_EXERCISE DIRECTIONS_. Print out the entries exactly, and include each one.

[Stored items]
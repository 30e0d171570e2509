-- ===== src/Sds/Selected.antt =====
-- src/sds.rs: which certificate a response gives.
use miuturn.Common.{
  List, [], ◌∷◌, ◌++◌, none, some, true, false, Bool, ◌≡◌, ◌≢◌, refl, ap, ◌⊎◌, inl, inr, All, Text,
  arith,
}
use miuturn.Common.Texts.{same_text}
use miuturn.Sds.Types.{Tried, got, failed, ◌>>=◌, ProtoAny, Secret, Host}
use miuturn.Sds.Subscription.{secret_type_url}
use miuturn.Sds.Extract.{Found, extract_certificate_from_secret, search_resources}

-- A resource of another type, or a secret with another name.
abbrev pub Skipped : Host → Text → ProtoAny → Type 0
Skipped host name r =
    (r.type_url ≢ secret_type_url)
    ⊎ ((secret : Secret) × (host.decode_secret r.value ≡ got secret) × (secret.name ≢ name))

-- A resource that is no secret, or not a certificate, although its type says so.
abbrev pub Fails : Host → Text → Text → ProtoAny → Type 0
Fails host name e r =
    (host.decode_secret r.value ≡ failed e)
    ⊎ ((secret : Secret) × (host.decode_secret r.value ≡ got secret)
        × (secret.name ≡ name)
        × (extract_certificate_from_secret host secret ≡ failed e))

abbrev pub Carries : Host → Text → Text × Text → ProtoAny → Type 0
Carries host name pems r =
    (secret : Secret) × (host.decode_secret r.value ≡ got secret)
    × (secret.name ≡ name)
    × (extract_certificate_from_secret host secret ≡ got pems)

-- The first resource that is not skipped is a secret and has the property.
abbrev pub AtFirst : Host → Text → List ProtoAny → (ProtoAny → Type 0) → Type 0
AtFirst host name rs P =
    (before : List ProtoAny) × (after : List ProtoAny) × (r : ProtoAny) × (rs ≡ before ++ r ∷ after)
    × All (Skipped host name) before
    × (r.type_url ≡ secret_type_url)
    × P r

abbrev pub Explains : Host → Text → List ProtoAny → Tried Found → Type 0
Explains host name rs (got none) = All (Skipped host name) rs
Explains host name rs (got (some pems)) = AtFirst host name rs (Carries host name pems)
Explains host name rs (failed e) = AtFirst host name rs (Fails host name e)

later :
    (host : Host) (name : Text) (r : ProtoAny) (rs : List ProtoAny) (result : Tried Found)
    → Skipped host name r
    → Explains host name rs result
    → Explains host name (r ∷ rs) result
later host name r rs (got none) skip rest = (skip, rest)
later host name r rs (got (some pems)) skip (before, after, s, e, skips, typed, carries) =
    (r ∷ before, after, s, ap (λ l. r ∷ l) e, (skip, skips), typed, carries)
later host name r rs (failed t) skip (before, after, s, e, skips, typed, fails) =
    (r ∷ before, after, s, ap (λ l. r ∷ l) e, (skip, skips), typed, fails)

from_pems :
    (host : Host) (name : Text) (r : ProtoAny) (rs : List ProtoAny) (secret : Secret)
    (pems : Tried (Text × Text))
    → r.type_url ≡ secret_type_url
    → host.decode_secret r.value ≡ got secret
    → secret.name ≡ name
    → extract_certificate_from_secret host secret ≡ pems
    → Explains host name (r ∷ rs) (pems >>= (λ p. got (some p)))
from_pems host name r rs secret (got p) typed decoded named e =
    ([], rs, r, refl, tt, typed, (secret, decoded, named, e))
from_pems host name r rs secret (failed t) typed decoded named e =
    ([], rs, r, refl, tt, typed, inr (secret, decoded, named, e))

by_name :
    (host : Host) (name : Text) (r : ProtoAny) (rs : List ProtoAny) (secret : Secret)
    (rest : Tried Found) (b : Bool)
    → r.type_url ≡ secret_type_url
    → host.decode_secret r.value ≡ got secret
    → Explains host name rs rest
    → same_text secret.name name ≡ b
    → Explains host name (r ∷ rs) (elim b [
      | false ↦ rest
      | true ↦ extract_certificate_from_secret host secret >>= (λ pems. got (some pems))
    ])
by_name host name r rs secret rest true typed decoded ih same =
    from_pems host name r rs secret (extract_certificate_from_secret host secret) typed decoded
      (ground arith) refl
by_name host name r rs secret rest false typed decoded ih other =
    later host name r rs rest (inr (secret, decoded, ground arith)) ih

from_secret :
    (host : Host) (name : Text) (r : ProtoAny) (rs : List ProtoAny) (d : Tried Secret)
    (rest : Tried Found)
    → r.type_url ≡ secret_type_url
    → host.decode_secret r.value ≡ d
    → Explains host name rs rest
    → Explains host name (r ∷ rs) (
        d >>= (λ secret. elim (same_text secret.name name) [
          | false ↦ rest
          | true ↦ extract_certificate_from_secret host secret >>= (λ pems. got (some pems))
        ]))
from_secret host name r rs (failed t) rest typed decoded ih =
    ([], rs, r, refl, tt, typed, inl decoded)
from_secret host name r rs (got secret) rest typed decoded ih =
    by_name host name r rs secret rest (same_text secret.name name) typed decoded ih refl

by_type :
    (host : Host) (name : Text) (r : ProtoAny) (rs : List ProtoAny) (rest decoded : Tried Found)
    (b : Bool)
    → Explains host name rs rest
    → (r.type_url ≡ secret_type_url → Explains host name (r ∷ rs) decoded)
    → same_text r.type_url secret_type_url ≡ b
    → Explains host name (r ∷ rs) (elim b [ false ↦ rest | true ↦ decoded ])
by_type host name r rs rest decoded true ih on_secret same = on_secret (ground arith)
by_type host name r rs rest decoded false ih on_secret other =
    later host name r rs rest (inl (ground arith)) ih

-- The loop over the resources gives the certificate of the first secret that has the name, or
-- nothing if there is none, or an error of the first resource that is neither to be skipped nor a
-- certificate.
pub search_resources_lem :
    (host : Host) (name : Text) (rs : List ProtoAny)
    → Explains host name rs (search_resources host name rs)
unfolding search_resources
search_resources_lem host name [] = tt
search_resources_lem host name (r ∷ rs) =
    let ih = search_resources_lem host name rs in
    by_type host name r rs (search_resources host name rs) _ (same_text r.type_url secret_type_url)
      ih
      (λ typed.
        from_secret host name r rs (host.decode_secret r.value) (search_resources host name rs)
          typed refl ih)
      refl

_ANSWER SPACE_.
repository 30e0d171570e2509
-- ===== src/Sds/Selected.antt =====
-- src/sds.rs: which certificate a response gives.
use miuturn.Common.{
  List, [], ◌∷◌, ◌++◌, none, some, true, false, Bool, ◌≡◌, ◌≢◌, refl, ap, ◌⊎◌, inl, inr, All, Text,
  arith,
}
use miuturn.Common.Texts.{same_text}
use miuturn.Sds.Types.{Tried, got, failed, ◌>>=◌, ProtoAny, Secret, Host}
use miuturn.Sds.Subscription.{secret_type_url}
use miuturn.Sds.Extract.{Found, extract_certificate_from_secret, search_resources}

-- A resource of another type, or a secret with another name.
abbrev pub Skipped : Host → Text → ProtoAny → Type 0
Skipped host name r =
    (r.type_url ≢ secret_type_url)
    ⊎ ((secret : Secret) × (host.decode_secret r.value ≡ got secret) × (secret.name ≢ name))

-- A resource that is no secret, or not a certificate, although its type says so.
abbrev pub Fails : Host → Text → Text → ProtoAny → Type 0
Fails host name e r =
    (host.decode_secret r.value ≡ failed e)
    ⊎ ((secret : Secret) × (host.decode_secret r.value ≡ got secret)
        × (secret.name ≡ name)
        × (extract_certificate_from_secret host secret ≡ failed e))

abbrev pub Carries : Host → Text → Text × Text → ProtoAny → Type 0
Carries host name pems r =
    (secret : Secret) × (host.decode_secret r.value ≡ got secret)
    × (secret.name ≡ name)
    × (extract_certificate_from_secret host secret ≡ got pems)

-- The first resource that is not skipped is a secret and has the property.
abbrev pub AtFirst : Host → Text → List ProtoAny → (ProtoAny → Type 0) → Type 0
AtFirst host name rs P =
    (before : List ProtoAny) × (after : List ProtoAny) × (r : ProtoAny) × (rs ≡ before ++ r ∷ after)
    × All (Skipped host name) before
    × (r.type_url ≡ secret_type_url)
    × P r

abbrev pub Explains : Host → Text → List ProtoAny → Tried Found → Type 0
Explains host name rs (got none) = All (Skipped host name) rs
Explains host name rs (got (some pems)) = AtFirst host name rs (Carries host name pems)
Explains host name rs (failed e) = AtFirst host name rs (Fails host name e)

later :
    (host : Host) (name : Text) (r : ProtoAny) (rs : List ProtoAny) (result : Tried Found)
    → Skipped host name r
    → Explains host name rs result
    → Explains host name (r ∷ rs) result
later host name r rs (got none) skip rest = (skip, rest)
later host name r rs (got (some pems)) skip (before, after, s, e, skips, typed, carries) =
    (r ∷ before, after, s, ap (λ l. r ∷ l) e, (skip, skips), typed, carries)
later host name r rs (failed t) skip (before, after, s, e, skips, typed, fails) =
    (r ∷ before, after, s, ap (λ l. r ∷ l) e, (skip, skips), typed, fails)

from_pems :
    (host : Host) (name : Text) (r : ProtoAny) (rs : List ProtoAny) (secret : Secret)
    (pems : Tried (Text × Text))
    → r.type_url ≡ secret_type_url
    → host.decode_secret r.value ≡ got secret
    → secret.name ≡ name
    → extract_certificate_from_secret host secret ≡ pems
    → Explains host name (r ∷ rs) (pems >>= (λ p. got (some p)))
from_pems host name r rs secret (got p) typed decoded named e =
    ([], rs, r, refl, tt, typed, (secret, decoded, named, e))
from_pems host name r rs secret (failed t) typed decoded named e =
    ([], rs, r, refl, tt, typed, inr (secret, decoded, named, e))

by_name :
    (host : Host) (name : Text) (r : ProtoAny) (rs : List ProtoAny) (secret : Secret)
    (rest : Tried Found) (b : Bool)
    → r.type_url ≡ secret_type_url
    → host.decode_secret r.value ≡ got secret
    → Explains host name rs rest
    → same_text secret.name name ≡ b
    → Explains host name (r ∷ rs) (elim b [
      | false ↦ rest
      | true ↦ extract_certificate_from_secret host secret >>= (λ pems. got (some pems))
    ])
by_name host name r rs secret rest true typed decoded ih same =
    from_pems host name r rs secret (extract_certificate_from_secret host secret) typed decoded
      (ground arith) refl
by_name host name r rs secret rest false typed decoded ih other =
    later host name r rs rest (inr (secret, decoded, ground arith)) ih

from_secret :
    (host : Host) (name : Text) (r : ProtoAny) (rs : List ProtoAny) (d : Tried Secret)
    (rest : Tried Found)
    → r.type_url ≡ secret_type_url
    → host.decode_secret r.value ≡ d
    → Explains host name rs rest
    → Explains host name (r ∷ rs) (
        d >>= (λ secret. elim (same_text secret.name name) [
          | false ↦ rest
          | true ↦ extract_certificate_from_secret host secret >>= (λ pems. got (some pems))
        ]))
from_secret host name r rs (failed t) rest typed decoded ih =
    ([], rs, r, refl, tt, typed, inl decoded)
from_secret host name r rs (got secret) rest typed decoded ih =
    by_name host name r rs secret rest (same_text secret.name name) typed decoded ih refl

by_type :
    (host : Host) (name : Text) (r : ProtoAny) (rs : List ProtoAny) (rest decoded : Tried Found)
    (b : Bool)
    → Explains host name rs rest
    → (r.type_url ≡ secret_type_url → Explains host name (r ∷ rs) decoded)
    → same_text r.type_url secret_type_url ≡ b
    → Explains host name (r ∷ rs) (elim b [ false ↦ rest | true ↦ decoded ])
by_type host name r rs rest decoded true ih on_secret same = on_secret (ground arith)
by_type host name r rs rest decoded false ih on_secret other =
    later host name r rs rest (inl (ground arith)) ih

-- The loop over the resources gives the certificate of the first secret that has the name, or
-- nothing if there is none, or an error of the first resource that is neither to be skipped nor a
-- certificate.
pub search_resources_lem :
    (host : Host) (name : Text) (rs : List ProtoAny)
    → Explains host name rs (search_resources host name rs)
unfolding search_resources
search_resources_lem host name [] = tt
search_resources_lem host name (r ∷ rs) =
    let ih = search_resources_lem host name rs in
    by_type host name r rs (search_resources host name rs) _ (same_text r.type_url secret_type_url)
      ih
      (λ typed.
        from_secret host name r rs (host.decode_secret r.value) (search_resources host name rs)
          typed refl ih)
      refl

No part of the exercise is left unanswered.